* [Task data]:
★ ★ ★ ★

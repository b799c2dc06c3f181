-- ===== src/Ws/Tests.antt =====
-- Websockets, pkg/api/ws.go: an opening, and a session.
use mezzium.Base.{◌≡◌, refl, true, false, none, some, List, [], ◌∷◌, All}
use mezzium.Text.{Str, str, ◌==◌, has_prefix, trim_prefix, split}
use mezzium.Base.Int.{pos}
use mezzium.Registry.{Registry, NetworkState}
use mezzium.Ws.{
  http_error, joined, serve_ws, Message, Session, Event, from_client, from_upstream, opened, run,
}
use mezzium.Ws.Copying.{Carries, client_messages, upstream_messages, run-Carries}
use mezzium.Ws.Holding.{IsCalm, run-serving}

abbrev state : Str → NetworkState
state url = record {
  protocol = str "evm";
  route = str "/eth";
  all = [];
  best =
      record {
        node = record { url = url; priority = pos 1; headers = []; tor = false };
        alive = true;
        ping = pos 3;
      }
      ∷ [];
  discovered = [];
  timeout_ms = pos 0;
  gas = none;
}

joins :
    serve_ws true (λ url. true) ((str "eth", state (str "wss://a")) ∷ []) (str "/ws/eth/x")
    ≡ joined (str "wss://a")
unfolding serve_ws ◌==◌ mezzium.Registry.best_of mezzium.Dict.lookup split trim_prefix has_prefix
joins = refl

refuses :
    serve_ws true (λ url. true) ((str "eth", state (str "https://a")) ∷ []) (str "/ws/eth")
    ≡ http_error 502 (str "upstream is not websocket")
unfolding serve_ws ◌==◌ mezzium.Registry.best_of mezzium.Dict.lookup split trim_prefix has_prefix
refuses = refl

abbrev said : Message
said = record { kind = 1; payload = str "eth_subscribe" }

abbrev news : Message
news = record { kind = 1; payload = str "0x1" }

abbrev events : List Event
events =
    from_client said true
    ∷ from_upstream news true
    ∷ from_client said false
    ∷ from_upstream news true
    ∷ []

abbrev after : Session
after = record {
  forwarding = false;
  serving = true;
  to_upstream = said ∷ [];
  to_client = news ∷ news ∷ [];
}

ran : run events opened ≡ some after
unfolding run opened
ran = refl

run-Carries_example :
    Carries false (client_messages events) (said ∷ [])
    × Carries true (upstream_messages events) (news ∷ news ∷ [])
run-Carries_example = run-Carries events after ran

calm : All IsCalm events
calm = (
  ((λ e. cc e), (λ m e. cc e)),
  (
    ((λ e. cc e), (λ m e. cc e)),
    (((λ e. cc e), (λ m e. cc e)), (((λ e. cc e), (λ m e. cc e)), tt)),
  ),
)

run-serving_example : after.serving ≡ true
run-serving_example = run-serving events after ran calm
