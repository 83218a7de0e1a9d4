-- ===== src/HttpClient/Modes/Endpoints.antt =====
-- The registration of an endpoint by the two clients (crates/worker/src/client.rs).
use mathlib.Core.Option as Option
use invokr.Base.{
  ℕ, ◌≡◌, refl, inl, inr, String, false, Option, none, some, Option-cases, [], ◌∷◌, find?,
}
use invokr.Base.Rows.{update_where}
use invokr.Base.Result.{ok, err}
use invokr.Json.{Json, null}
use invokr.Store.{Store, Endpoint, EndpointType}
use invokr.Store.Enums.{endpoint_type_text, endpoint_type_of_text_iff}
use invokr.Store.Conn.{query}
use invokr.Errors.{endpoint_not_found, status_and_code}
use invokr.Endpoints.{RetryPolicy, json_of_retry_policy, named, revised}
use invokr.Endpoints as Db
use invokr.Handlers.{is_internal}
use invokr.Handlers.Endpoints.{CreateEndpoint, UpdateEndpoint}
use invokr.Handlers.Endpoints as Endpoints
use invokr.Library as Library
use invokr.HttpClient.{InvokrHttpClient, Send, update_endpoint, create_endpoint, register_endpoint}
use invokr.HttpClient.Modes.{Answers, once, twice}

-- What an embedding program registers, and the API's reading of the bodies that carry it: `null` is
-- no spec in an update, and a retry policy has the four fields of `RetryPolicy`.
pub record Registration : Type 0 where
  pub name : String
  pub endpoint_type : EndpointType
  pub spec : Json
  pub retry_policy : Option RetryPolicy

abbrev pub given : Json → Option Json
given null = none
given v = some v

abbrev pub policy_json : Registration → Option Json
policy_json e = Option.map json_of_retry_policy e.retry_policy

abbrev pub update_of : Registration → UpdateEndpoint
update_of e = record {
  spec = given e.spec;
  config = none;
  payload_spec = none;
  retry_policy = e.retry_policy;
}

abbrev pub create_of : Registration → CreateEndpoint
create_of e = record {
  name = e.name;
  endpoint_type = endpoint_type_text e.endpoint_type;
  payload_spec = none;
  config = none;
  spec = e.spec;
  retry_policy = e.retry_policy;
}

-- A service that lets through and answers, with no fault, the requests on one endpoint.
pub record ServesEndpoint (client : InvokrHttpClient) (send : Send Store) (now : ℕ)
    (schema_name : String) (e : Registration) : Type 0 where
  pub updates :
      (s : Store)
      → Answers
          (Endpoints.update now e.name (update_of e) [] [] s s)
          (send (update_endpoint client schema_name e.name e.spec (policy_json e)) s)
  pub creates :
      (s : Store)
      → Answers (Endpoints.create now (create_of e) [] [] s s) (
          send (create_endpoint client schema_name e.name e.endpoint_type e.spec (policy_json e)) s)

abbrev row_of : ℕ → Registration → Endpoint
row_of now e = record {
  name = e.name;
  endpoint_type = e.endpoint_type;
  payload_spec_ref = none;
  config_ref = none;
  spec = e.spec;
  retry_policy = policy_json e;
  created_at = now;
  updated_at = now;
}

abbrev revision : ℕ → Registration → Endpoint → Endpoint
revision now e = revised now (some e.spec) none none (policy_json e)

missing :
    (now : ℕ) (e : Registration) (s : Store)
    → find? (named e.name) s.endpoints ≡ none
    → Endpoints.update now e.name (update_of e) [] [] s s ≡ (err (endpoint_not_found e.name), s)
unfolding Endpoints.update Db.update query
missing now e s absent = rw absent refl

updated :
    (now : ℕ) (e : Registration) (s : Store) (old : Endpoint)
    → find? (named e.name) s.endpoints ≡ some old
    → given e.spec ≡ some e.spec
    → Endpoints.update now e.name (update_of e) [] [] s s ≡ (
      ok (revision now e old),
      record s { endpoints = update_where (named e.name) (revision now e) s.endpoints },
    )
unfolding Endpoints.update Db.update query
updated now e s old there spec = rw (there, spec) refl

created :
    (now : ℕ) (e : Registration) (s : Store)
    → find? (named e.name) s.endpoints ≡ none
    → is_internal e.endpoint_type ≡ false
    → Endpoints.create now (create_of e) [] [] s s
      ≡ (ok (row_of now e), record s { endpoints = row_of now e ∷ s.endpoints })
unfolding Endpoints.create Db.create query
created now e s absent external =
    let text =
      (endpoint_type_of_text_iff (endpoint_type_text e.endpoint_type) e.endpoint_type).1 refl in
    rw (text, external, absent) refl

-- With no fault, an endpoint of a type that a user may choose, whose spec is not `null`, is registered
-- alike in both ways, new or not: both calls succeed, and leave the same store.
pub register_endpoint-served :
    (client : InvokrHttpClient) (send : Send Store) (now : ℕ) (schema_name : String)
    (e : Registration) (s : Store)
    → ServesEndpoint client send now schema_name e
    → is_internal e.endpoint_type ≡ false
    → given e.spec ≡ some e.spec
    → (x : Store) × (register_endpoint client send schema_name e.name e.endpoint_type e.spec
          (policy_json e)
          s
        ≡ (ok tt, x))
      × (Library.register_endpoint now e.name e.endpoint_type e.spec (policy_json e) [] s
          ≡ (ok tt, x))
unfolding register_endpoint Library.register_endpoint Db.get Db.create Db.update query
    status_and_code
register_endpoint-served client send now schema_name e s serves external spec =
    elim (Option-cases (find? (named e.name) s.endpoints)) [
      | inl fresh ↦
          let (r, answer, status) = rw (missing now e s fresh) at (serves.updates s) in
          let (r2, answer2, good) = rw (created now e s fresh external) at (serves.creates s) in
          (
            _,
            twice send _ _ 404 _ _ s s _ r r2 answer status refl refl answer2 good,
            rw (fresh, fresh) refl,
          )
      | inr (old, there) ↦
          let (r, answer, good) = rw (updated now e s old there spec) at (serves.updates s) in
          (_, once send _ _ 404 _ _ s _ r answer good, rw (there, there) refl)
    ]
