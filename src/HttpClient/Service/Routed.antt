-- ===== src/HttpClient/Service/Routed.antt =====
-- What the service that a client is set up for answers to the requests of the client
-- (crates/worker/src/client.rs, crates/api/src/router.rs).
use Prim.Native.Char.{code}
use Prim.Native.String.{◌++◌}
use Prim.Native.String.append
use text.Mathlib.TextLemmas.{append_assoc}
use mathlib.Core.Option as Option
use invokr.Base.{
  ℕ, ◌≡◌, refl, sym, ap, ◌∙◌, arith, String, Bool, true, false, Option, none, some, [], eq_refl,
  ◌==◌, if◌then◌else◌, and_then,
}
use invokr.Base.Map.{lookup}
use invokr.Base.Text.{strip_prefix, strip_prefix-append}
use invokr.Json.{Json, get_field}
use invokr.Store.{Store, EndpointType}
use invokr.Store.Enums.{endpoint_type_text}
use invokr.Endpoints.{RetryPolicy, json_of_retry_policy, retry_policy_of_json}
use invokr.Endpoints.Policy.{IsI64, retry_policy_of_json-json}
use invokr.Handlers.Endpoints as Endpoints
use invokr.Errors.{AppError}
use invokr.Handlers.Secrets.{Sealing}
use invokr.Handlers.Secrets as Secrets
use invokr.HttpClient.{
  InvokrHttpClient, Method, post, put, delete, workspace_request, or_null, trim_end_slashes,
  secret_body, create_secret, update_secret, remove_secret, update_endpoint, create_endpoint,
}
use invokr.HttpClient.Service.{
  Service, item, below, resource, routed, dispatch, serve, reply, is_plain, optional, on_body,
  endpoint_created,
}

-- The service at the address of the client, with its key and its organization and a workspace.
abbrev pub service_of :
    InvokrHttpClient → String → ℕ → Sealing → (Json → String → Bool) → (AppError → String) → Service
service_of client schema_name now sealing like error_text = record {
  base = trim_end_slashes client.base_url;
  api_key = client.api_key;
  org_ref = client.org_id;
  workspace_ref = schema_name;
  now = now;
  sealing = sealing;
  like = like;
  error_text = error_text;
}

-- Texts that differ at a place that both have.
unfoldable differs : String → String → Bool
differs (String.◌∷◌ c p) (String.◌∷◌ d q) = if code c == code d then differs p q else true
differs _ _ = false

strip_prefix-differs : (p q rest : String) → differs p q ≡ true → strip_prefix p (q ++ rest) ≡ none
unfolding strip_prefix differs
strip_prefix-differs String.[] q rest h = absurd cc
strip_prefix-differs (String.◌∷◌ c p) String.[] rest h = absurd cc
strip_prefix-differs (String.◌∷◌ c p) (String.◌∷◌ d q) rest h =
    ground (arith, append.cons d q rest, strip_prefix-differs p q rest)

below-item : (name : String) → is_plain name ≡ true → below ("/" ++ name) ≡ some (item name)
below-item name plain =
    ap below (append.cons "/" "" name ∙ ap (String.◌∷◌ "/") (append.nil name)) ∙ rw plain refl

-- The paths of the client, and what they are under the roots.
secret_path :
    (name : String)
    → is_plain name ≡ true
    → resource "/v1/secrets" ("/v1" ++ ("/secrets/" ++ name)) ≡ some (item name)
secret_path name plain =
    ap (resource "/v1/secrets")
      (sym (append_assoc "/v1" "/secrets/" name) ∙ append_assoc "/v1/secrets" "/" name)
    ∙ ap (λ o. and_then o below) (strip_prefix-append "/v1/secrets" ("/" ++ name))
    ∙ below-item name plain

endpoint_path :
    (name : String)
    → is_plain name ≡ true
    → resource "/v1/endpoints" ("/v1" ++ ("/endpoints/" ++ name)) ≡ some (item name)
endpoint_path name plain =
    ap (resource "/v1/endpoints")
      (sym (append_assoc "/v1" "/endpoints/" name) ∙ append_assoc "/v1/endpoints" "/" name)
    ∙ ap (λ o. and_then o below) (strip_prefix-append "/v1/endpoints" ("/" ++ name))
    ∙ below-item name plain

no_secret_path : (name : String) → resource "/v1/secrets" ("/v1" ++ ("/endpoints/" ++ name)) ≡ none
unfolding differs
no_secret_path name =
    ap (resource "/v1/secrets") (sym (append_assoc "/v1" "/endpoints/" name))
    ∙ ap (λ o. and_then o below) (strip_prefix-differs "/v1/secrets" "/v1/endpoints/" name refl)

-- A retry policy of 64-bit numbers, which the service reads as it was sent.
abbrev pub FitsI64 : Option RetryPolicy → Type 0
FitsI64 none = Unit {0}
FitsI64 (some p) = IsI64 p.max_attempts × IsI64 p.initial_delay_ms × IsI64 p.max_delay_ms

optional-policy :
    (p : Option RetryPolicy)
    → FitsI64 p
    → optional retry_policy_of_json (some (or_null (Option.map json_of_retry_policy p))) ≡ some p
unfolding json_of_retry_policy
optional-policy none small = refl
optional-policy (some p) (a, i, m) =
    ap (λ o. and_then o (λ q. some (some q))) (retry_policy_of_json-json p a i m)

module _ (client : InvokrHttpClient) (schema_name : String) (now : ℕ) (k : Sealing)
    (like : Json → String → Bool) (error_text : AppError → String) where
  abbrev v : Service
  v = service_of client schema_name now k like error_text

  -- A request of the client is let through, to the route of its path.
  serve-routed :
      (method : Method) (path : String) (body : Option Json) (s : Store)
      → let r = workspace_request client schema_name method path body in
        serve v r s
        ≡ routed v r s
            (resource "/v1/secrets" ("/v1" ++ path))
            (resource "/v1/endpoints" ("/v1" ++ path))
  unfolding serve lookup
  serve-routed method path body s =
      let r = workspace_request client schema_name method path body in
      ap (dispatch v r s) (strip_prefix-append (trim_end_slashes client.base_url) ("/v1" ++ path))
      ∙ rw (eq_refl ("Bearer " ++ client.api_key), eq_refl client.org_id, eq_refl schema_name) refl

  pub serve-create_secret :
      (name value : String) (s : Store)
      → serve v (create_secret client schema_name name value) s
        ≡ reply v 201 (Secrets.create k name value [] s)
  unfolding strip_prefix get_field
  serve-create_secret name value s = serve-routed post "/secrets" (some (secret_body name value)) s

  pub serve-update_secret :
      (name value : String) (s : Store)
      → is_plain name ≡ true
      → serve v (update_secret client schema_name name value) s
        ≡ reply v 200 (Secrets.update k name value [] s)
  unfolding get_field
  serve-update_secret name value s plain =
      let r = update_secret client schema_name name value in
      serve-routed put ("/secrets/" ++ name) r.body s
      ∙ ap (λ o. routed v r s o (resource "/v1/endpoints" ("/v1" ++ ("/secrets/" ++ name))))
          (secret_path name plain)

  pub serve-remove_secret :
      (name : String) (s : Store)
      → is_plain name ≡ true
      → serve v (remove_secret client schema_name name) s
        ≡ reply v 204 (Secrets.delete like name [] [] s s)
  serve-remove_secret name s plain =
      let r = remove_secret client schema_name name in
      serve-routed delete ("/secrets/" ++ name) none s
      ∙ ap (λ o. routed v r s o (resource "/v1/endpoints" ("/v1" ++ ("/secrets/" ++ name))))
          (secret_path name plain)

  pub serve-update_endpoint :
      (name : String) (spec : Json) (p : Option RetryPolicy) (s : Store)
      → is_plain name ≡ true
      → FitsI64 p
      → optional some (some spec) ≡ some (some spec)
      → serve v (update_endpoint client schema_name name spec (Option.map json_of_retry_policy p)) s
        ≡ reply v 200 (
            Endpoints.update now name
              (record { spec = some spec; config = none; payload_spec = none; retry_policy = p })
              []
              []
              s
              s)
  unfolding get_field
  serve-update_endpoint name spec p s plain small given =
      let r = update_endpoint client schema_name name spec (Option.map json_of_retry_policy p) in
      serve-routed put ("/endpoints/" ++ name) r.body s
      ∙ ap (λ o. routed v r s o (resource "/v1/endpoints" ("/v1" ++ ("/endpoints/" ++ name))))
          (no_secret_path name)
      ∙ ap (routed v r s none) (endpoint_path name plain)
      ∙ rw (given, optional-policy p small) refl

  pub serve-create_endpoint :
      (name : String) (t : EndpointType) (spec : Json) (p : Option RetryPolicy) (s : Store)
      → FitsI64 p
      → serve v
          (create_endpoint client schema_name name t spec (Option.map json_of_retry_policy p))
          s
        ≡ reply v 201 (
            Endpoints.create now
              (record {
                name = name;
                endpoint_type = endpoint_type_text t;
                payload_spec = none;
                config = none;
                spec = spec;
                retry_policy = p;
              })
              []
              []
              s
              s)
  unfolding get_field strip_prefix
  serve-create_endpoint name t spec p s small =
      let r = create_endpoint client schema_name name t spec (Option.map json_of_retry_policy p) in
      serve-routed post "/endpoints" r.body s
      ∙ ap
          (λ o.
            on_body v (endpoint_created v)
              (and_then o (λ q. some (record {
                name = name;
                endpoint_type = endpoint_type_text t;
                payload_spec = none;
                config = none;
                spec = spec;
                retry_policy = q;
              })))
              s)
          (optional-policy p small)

★ ★ ★ ★

* [Activity]: The answer should be a single number: how many lines in the records contain "dispatch".

* [Output]: 2